**Data for analysis**:
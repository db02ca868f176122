-- ===== src/Impact/Limits.antt =====
-- The search ends within its limits.
use soroban_upgrades.Base.{
  ℕ, zero, suc, ◌+◌, ◌≤◌, ◌<◌, String, ◌≡◌, ◌≢◌, refl, sym, subst, ◌∙◌, ap, ◌⊎◌, inl, inr, Bool,
  true, false, List, [], ◌∷◌, In, length, arith, some, none, Option-cases, if◌then◌else◌,
}
use soroban_upgrades.Base.Order.{string_ord, list_ord}
use soroban_upgrades.Base.BTreeMap
use soroban_upgrades.Base.BTreeSet
use soroban_upgrades.Base.BTreeSet.{BTreeSet}
use soroban_upgrades.Artifact.{TypeReference, Artifact}
use soroban_upgrades.Report.{ImpactStep, step_ord}
use soroban_upgrades.Impact.{
  Pending, Next, limited, go, round, loop, start, routes_to_type, max_public_impact_depth,
  max_public_impact_paths, max_public_impact_steps,
}
use soroban_upgrades.Impact.Push.{Round, hit, skip, expand, round_limits, advance_lem}

pub Next-cases :
    (n : Next)
    → (n ≡ limited)
      ⊎ ((pending : List Pending) × (result : BTreeSet (List ImpactStep)) × (n ≡ go pending result))
Next-cases limited = inl refl
Next-cases (go pending result) = inr (pending, result, refl)

module _ (references : List TypeReference) (target_type : String) where
  -- An invariant that every round without a limit keeps holds of the result; where no limit was met,
  -- nothing waits.
  pub loop_rule :
      (P : List Pending → BTreeSet (List ImpactStep) → Type 0)
      → ((p : Pending) (rest : List Pending) (result : BTreeSet (List ImpactStep))
            (pending : List Pending) (result' : BTreeSet (List ImpactStep))
          → length p.steps ≤ max_public_impact_depth
          → length result < max_public_impact_paths
          → Round references target_type p rest result pending result'
          → P (p ∷ rest) result
          → P pending result')
      → (fuel visited : ℕ) (pending : List Pending) (result r : BTreeSet (List ImpactStep))
        (over : Bool)
      → P pending result
      → loop references target_type fuel visited pending result ≡ some (r, over)
      → (left : List Pending) × P left r × (over ≡ false → left ≡ [])
  unfolding loop
  loop_rule P keep zero visited [] result r over h e =
      ([], subst (P []) (ground arith) h, λ _. refl)
  loop_rule P keep zero visited (p ∷ rest) result r over h e = absurd (ground arith)
  loop_rule P keep (suc fuel) visited [] result r over h e =
      ([], subst (P []) (ground arith) h, λ _. refl)
  loop_rule P keep (suc fuel) visited (p ∷ rest) result r over h e =
      elim (Next-cases (round references target_type (suc visited) p rest result)) [
        | inl stop ↦ (
          p ∷ rest,
          subst (P (p ∷ rest)) (ground arith) h,
          λ (q : over ≡ false). absurd (ground arith),
        )
        | inr (pending, result', next) ↦
            let limits =
              round_limits references target_type (suc visited) p rest result pending result'
                next in
            loop_rule P keep fuel (suc visited) pending result' r over
              (keep p rest result pending result' limits.1 limits.2
                (advance_lem references target_type (suc visited) p rest result pending result'
                  next)
                h)
              (ground arith)
      ]

  loop-ne-none :
      (fuel visited : ℕ) (pending : List Pending) (result : BTreeSet (List ImpactStep))
      → suc max_public_impact_steps ≤ fuel + visited
      → visited ≤ max_public_impact_steps
      → loop references target_type fuel visited pending result ≢ none
  unfolding loop
  loop-ne-none zero visited pending result h k = absurd (omega arith)
  loop-ne-none (suc fuel) visited [] result h k = ground arith
  loop-ne-none (suc fuel) visited (p ∷ rest) result h k =
      elim (Next-cases (round references target_type (suc visited) p rest result)) [
        | inl stop ↦ ground arith
        | inr (pending, result', next) ↦
            let limits =
              round_limits references target_type (suc visited) p rest result pending result'
                next in
            let later = loop-ne-none fuel (suc visited) pending result' (omega arith) limits.0 in
            ground arith
      ]

abbrev pub initial : Artifact → String → List Pending
initial artifact root_type =
    if BTreeMap.contains_key root_type artifact.user_types then start root_type ∷ [] else []

module _ (artifact : Artifact) (root_type target_type : String) where
  -- The fuel of `routes_to_type` is enough, so its answer is the loop's.
  pub routes-eq-loop :
      (r : BTreeSet (List ImpactStep)) (over : Bool)
      → routes_to_type artifact root_type target_type ≡ (r, over)
      → loop artifact.type_references target_type
          (suc max_public_impact_steps)
          0
          (initial artifact root_type)
          []
        ≡ some (r, over)
  unfolding routes_to_type
  routes-eq-loop r over h =
      elim (Option-cases (
        loop artifact.type_references target_type (suc max_public_impact_steps) 0
          (initial artifact root_type) [])) [
            | inl out ↦ absurd (
                loop-ne-none artifact.type_references target_type (suc max_public_impact_steps) 0
                  (initial artifact root_type) [] (omega arith) (omega arith) out)
            | inr (answer, e) ↦
                e
                ∙ ap some (
                    sym (
                      ap
                        (λ o. elim o as (λ _. BTreeSet (List ImpactStep) × Bool) [
                          | none ↦ ([], true)
                          | some a ↦ a
                        ])
                        e)
                    ∙ h)
          ]

  length-insert :
      (s : List ImpactStep) (result : BTreeSet (List ImpactStep))
      → length (BTreeSet.insert s result) ≤ suc (length result)
  unfolding BTreeSet.insert
  length-insert s [] = omega arith
  length-insert s (t ∷ result) = ground (arith, length-insert s result)

  abbrev IsBounded : List Pending → BTreeSet (List ImpactStep) → Type 0
  IsBounded pending result =
      (length result ≤ max_public_impact_paths)
      × ((s : List ImpactStep) → In s result → length s ≤ max_public_impact_depth)

  IsBounded-Round :
      (p : Pending) (rest : List Pending) (result : BTreeSet (List ImpactStep))
      (pending : List Pending) (result' : BTreeSet (List ImpactStep))
      → length p.steps ≤ max_public_impact_depth
      → length result < max_public_impact_paths
      → Round artifact.type_references target_type p rest result pending result'
      → IsBounded (p ∷ rest) result
      → IsBounded pending result'
  IsBounded-Round p rest result pending result' d n (hit t e r) h = (
    rw r (omega (arith, length-insert p.steps result)),
    λ s m. elim ((BTreeSet.In-insert s p.steps result).0 (subst (In s) r m)) [
      | inl same ↦ rw same d
      | inr old ↦ h.1 s old
    ],
  )
  IsBounded-Round p rest result pending result' d n (skip t a e r) h = rw r h
  IsBounded-Round p rest result pending result' d n (expand t a e r) h = rw r h

  -- Whether or not a limit was met, the answer has at most 256 routes, of at most 64 steps each.
  pub routes_to_type_bounds :
      (length (routes_to_type artifact root_type target_type).0 ≤ max_public_impact_paths)
      × ((s : List ImpactStep)
          → In s (routes_to_type artifact root_type target_type).0
          → length s ≤ max_public_impact_depth)
  routes_to_type_bounds =
      let answer = routes_to_type artifact root_type target_type in
      let e = routes-eq-loop answer.0 answer.1 refl in
      (loop_rule artifact.type_references target_type IsBounded IsBounded-Round
        (suc max_public_impact_steps) 0 (initial artifact root_type) [] answer.0 answer.1
        (omega arith, λ s m. absurd m) e).1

**Task objective**: Show each line of the listing that holds the string "where".

**Exercise output**:
module _ (references : List TypeReference) (target_type : String) where
  -- An invariant that every round without a limit keeps holds of the result; where no limit was met,
module _ (artifact : Artifact) (root_type target_type : String) where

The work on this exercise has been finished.